Check each line of the listing below for the string "HashTable", then give only the number of lines where it occurs.

------ INPUT FOR THIS TASK

-- ===== src/Mempool/Index.antt =====
-- src/tx/mempool.cpp: the index knows exactly the identifiers of the pending transactions.
use blockchain_demo.Prelude.{
  ℕ, ◌+◌, ◌≡◌, refl, sym, ap, Bool, true, false, ◌||◌, List, [], ◌∷◌, ◌++◌, Option, none, some,
  Bytes, bytes_eq, bytes_eq_iff, length, arith, replicate, Bool-cases, inl, inr,
}
use blockchain_demo.Transaction.{Transaction}
use blockchain_demo.HashTable.{Table, Entry, clear_buckets}
use blockchain_demo.HashTable.Hashing.{Key, ◌===◌}
use blockchain_demo.HashTable.Refinement.{Models, update}
use blockchain_demo.HashTable.Growth.{put-Yields}
use blockchain_demo.Mempool.{Mempool, index_all}

-- Some transaction of the list has the identifier.
unfoldable pub has : Bytes → List Transaction → Bool
has q [] = false
has q (tx ∷ txs) = bytes_eq q tx.tx_id || has q txs

abbrev pub is_some : Option ℕ → Bool
is_some none = false
is_some (some n) = true

pub has-append :
    (q : Bytes) (txs : List Transaction) (tx : Transaction)
    → has q (txs ++ (tx ∷ [])) ≡ (bytes_eq q tx.tx_id || has q txs)
unfolding has
has-append q [] tx = refl
has-append q (t ∷ txs) tx = ground (arith, has-append q txs tx)

pub clear_buckets-replicate :
    (bs : List (List (Entry Bytes ℕ))) → clear_buckets bs ≡ replicate (length bs) []
unfolding clear_buckets
clear_buckets-replicate [] = refl
clear_buckets-replicate (b ∷ bs) = ap (λ r. [] ∷ r) (clear_buckets-replicate bs)

module _ ⦃key : Key Bytes⦄ where
  -- A table of indices is sound, and has a value at exactly the identifiers of the transactions.
  pub record Covers (t : Table Bytes ℕ) (txs : List Transaction) : Type 0 where
    pub reads : Bytes → Option ℕ
    pub models : Models t reads
    pub exact : (q : Bytes) → is_some (reads q) ≡ has q txs

  abbrev pub IsIndexed : Mempool → Type 0
  IsIndexed m = Covers m.index m.txs

  test_same : (k q : Bytes) → (k === q) ≡ bytes_eq q k
  test_same k q = elim (Bool-cases (bytes_eq q k)) [
    | inl e ↦ rw e ((key.equal_iff k q).1 (sym ((bytes_eq_iff q k).0 e)))
    | inr e ↦
        ground (
          arith,
          key.equal_iff k q,
          bytes_eq_iff q k,
          (λ (p : k ≡ q). (bytes_eq_iff q k).1 (sym p)),
        )
  ]

  pub is_some-update :
      (f : Bytes → Option ℕ) (k q : Bytes) (n : ℕ)
      → is_some (update f k (some n) q) ≡ (bytes_eq q k || is_some (f q))
  is_some-update f k q n = elim (Bool-cases (bytes_eq q k)) [
    | inl e ↦ rw (test_same k q, e) refl
    | inr e ↦ rw (test_same k q, e) refl
  ]

  -- The rest of the transactions is indexed over a table for a part of them.
  pub record IsExtended (o : Option (Table Bytes ℕ)) (f : Bytes → Option ℕ) (txs : List Transaction)
      : Type 0 where
    pub table : Table Bytes ℕ
    pub returned : o ≡ some table
    pub reads : Bytes → Option ℕ
    pub models : Models table reads
    pub exact : (q : Bytes) → is_some (reads q) ≡ (is_some (f q) || has q txs)

  pub index_all-IsExtended :
      (txs : List Transaction) (i : ℕ) (t : Table Bytes ℕ) (f : Bytes → Option ℕ)
      → Models t f
      → IsExtended (index_all txs i t) f txs
  unfolding index_all has
  index_all-IsExtended [] i t f m = record {
    table = t;
    returned = refl;
    reads = f;
    models = m;
    exact = λ q. ground arith;
  }
  index_all-IsExtended (tx ∷ txs) i t f m =
      let y = put-Yields t f tx.tx_id i m in
      let rest = index_all-IsExtended txs (i + 1) y.table (update f tx.tx_id (some i)) y.models in
      record {
        table = rest.table;
        returned = rw (y.returned, index_all) rest.returned;
        reads = rest.reads;
        models = rest.models;
        exact = λ q. ground (arith, rest.exact q, is_some-update f tx.tx_id q i);
      }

------------

## WRITTEN ANSWER
4